Digital skills can be broadly construed across two different categories. First are the digital skills needed to work directly in ICT or digital industries, including computer science skills needed to code software, AI, and other computer systems; electrical engineering skills to design semiconductors, high-performance computers, and quantum computers; cybersecurity skills; and competencies to manage data centers and telecommunications networks.
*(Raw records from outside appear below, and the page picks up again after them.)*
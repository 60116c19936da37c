-- ===== src/Leveldb/Instance/Lifetime.antt =====
-- How the shared handle lives through the calls of Init and Cleanup, in any order.
use my_ycsb_cpp.Prelude.{ℕ, zero, suc, ◌≡◌, refl, ap, ◌∙◌, sym, arith, subst}
use my_ycsb_cpp.Prelude.Int.{pos, ◌+ℤ◌, ◌-ℤ◌}
use my_ycsb_cpp.Prelude.Result.{ok, ok_elim, ok_injective}
use my_ycsb_cpp.Utils.Properties.{Properties, get_property}
use my_ycsb_cpp.Prelude.Bytes.{lit}
use my_ycsb_cpp.Utils.Text.Numbers.{stoi}
use my_ycsb_cpp.Leveldb.Instance.{
  Disk, Shared, Handle, null, opened, deleted, LeveldbDb, acquire, acquire_from, open_shared,
  parse_format, init, release, deleted_handle, cleanup,
}

abbrev pub fresh : Shared
fresh = record { db = null; ref_cnt = pos 0 }

module _ (disk : Disk) (props : Properties) where
  -- What calls of Init that return and of Cleanup, in any order, lead to, with the number of
  -- instances that are initialised, as long as one stays so.
  pub data Lives : ℕ → Shared → disk.State → Type 0 where
    start : (d : disk.State) → Lives 0 fresh d
    by_init :
        {n : ℕ} {sh sh' : Shared} {d d' : disk.State} {inst : LeveldbDb}
        → Lives n sh d
        → init disk props sh d ≡ ok (inst, sh', d')
        → Lives (suc n) sh' d'
    by_cleanup :
        {n : ℕ} {sh : Shared} {d : disk.State}
        → Lives (suc (suc n)) sh d
        → Lives (suc n) (cleanup sh) d

  abbrev pub handle_of : ℕ → Handle
  handle_of zero = null
  handle_of (suc n) = opened

  acquired :
      (sh sh' : Shared) (d d' : disk.State) (inst : LeveldbDb)
      → init disk props sh d ≡ ok (inst, sh', d')
      → acquire disk props sh d ≡ ok (sh', d')
  unfolding init
  acquired sh sh' d d' inst h =
      ok_elim (parse_format (get_property props (lit "leveldb.format") (lit "single"))) _ h
        λ format _ h.
          ok_elim (stoi (get_property props (lit "fieldcount") (lit "10"))) _ h λ fieldcount _ h.
            ok_elim (acquire disk props sh d) _ h λ got e h.
              e ∙ ap ok (ok_injective (λ (r : LeveldbDb × Shared × disk.State). (r.1, r.2)) h)

  acquire_from_lem :
      (n : ℕ) (sh' : Shared) (d d' : disk.State)
      → acquire_from disk (handle_of n) props (pos n) d ≡ ok (sh', d')
      → (sh'.ref_cnt ≡ pos (suc n)) × (sh'.db ≡ opened)
  unfolding acquire_from ◌+ℤ◌
  acquire_from_lem zero sh' d d' h = ok_elim (open_shared disk props d) _ h λ made _ h.
      subst (λ (sh : Shared). (sh.ref_cnt ≡ pos 1) × (sh.db ≡ opened))
        (ok_injective (λ (r : Shared × disk.State). r.0) h) (refl, refl)
  acquire_from_lem (suc n) sh' d d' h =
      subst (λ (sh : Shared). (sh.ref_cnt ≡ pos (suc (suc n))) × (sh.db ≡ opened))
        (ok_injective (λ (r : Shared × disk.State). r.0) h) (ground arith, refl)

  acquire_lem :
      (n : ℕ) (sh sh' : Shared) (d d' : disk.State)
      → sh.ref_cnt ≡ pos n
      → sh.db ≡ handle_of n
      → acquire disk props sh d ≡ ok (sh', d')
      → (sh'.ref_cnt ≡ pos (suc n)) × (sh'.db ≡ opened)
  unfolding acquire
  acquire_lem n sh sh' d d' is_n is_handle h =
      acquire_from_lem n sh' d d' (rw (← is_handle, ← is_n) h)

  minus_one : (n : ℕ) → pos (suc n) -ℤ pos 1 ≡ pos n
  unfolding ◌-ℤ◌
  minus_one n = ground arith

  cleaned : (n : ℕ) (sh : Shared) → sh.ref_cnt ≡ pos (suc n) → cleanup sh ≡ release (pos n) sh.db
  cleaned n sh e =
      let left : sh.ref_cnt -ℤ pos 1 ≡ pos n = ap (λ k. k -ℤ pos 1) e ∙ minus_one n in
      unfold cleanup in ap (λ k. release k sh.db) left

  cleanup_lem :
      (n : ℕ) (sh : Shared)
      → sh.ref_cnt ≡ pos (suc (suc n))
      → ((cleanup sh).ref_cnt ≡ pos (suc n)) × ((cleanup sh).db ≡ sh.db)
  unfolding release
  cleanup_lem n sh e =
      let c = cleaned (suc n) sh e in
      (ap (λ (s : Shared). s.ref_cnt) c, ap (λ (s : Shared). s.db) c)

  -- As long as one instance stays initialised, the counter is the number of instances and the
  -- database is open: the first Init opens it, no Cleanup closes it, and before the first Init the
  -- handle is null.
  pub Lives-handle :
      {n : ℕ} {sh : Shared} {d : disk.State}
      → Lives n sh d
      → (sh.ref_cnt ≡ pos n) × (sh.db ≡ handle_of n)
  Lives-handle (start d) = (refl, refl)
  Lives-handle (by_init {n = n} {sh = sh} {sh' = sh'} {d = d} {d' = d'} {inst = inst} l h) =
      let (is_n, is_handle) = Lives-handle l in
      acquire_lem n sh sh' d d' is_n is_handle (acquired sh sh' d d' inst h)
  Lives-handle (by_cleanup {n = n} {sh = sh} l) =
      let (is_n, is_handle) = Lives-handle l in
      let (count, same) = cleanup_lem n sh is_n in (count, same ∙ is_handle)

  -- The Cleanup of the last instance deletes the database and leaves its pointer: an Init after it
  -- returns, opens nothing, and leaves the instance with the deleted database.
  pub init_after_cleanup :
      {sh sh' : Shared} {d d' : disk.State} {inst : LeveldbDb}
      → Lives 1 sh d
      → init disk props (cleanup sh) d ≡ ok (inst, sh', d')
      → (sh'.db ≡ deleted) × (d' ≡ d)
  init_after_cleanup {sh} {sh'} {d} {d'} {inst} l h =
      let (is_n, is_handle) = Lives-handle l in
      reopen (closed is_n is_handle) (acquired (cleanup sh) sh' d d' inst h)
    where
      closed : sh.ref_cnt ≡ pos 1 → sh.db ≡ opened → (cleanup sh).db ≡ deleted
      closed is_n is_handle =
          ap (λ (s : Shared). s.db) (cleaned 0 sh is_n)
          ∙ unfold release in ap deleted_handle is_handle

      reopen :
          (cleanup sh).db ≡ deleted
          → acquire disk props (cleanup sh) d ≡ ok (sh', d')
          → (sh'.db ≡ deleted) × (d' ≡ d)
      reopen e h =
          let shut : acquire_from disk (cleanup sh).db props (cleanup sh).ref_cnt d ≡ ok (sh', d') =
            unfold acquire in h in
          let again : acquire_from disk deleted props (cleanup sh).ref_cnt d ≡ ok (sh', d') =
            rw e at shut in
          unfold acquire_from in
          (
            sym (ok_injective (λ (r : Shared × disk.State). r.0.db) again),
            sym (ok_injective (λ (r : Shared × disk.State). r.1) again),
          )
It’s these digital skills that have given rise to an Internet/digital tech sector that contributed $2.1 trillion of the U.S. economy in 2018, or about 10 percent of GDP.[8]
According to the U.S. Bureau of Labor Statistics’ Occupational Employment and Wage Statistics survey, the number of U.S. workers in the most-relevant category—Computer and Mathematical workers—increased by 40 percent over the past two decades, from 3.3 million workers in May 2010 to 4.6 million workers by May 2020. Baselining to 2005, over the past 15 years, job growth among information technology (IT) workers has increased almost 60 percent faster than for overall jobs in the U.S. economy. (See figure 1.)
Figure 1: Indexed job growth in U.S. IT and overall workforce, 2000–2020 (2005 baseline = 1)[9]
The Computing Technology Industry Association (CompTIA) took a slightly different approach in its annual “Cyberstates” report by developing a count of technology professionals employed across the economy, including in the technology sector (e.g., software developers, network architects, database administrators); professionals employed by IT firms though not working in IT roles directly (e.g., sales, marketing, customer service professionals); and self-employed workers in the ICT-enabled “gig” economy (e.g., Uber drivers).[10] By this measure, CompTIA generated a count of 12.4 million “tech workers” in the U.S. economy, with 66 percent, or 8.2 million, of those workers directly employed in core ICT roles.
ICT jobs represent some of the fastest-growing across the economy. Burning Glass Technologies, a Boston-based labor market analytics firm, found that, from 2012 to 2017, demand for data analysts increased by 372 percent, with a subset within that job grouping (data-visualization specialists) rocketing up by 2,574 percent.[11] And that trend continues, with many ICT occupations expected to grow at four to five times the national rate over the course of this decade, led by anticipated growth in jobs in cybersecurity, data science, and software development.[12] (See figure 2.)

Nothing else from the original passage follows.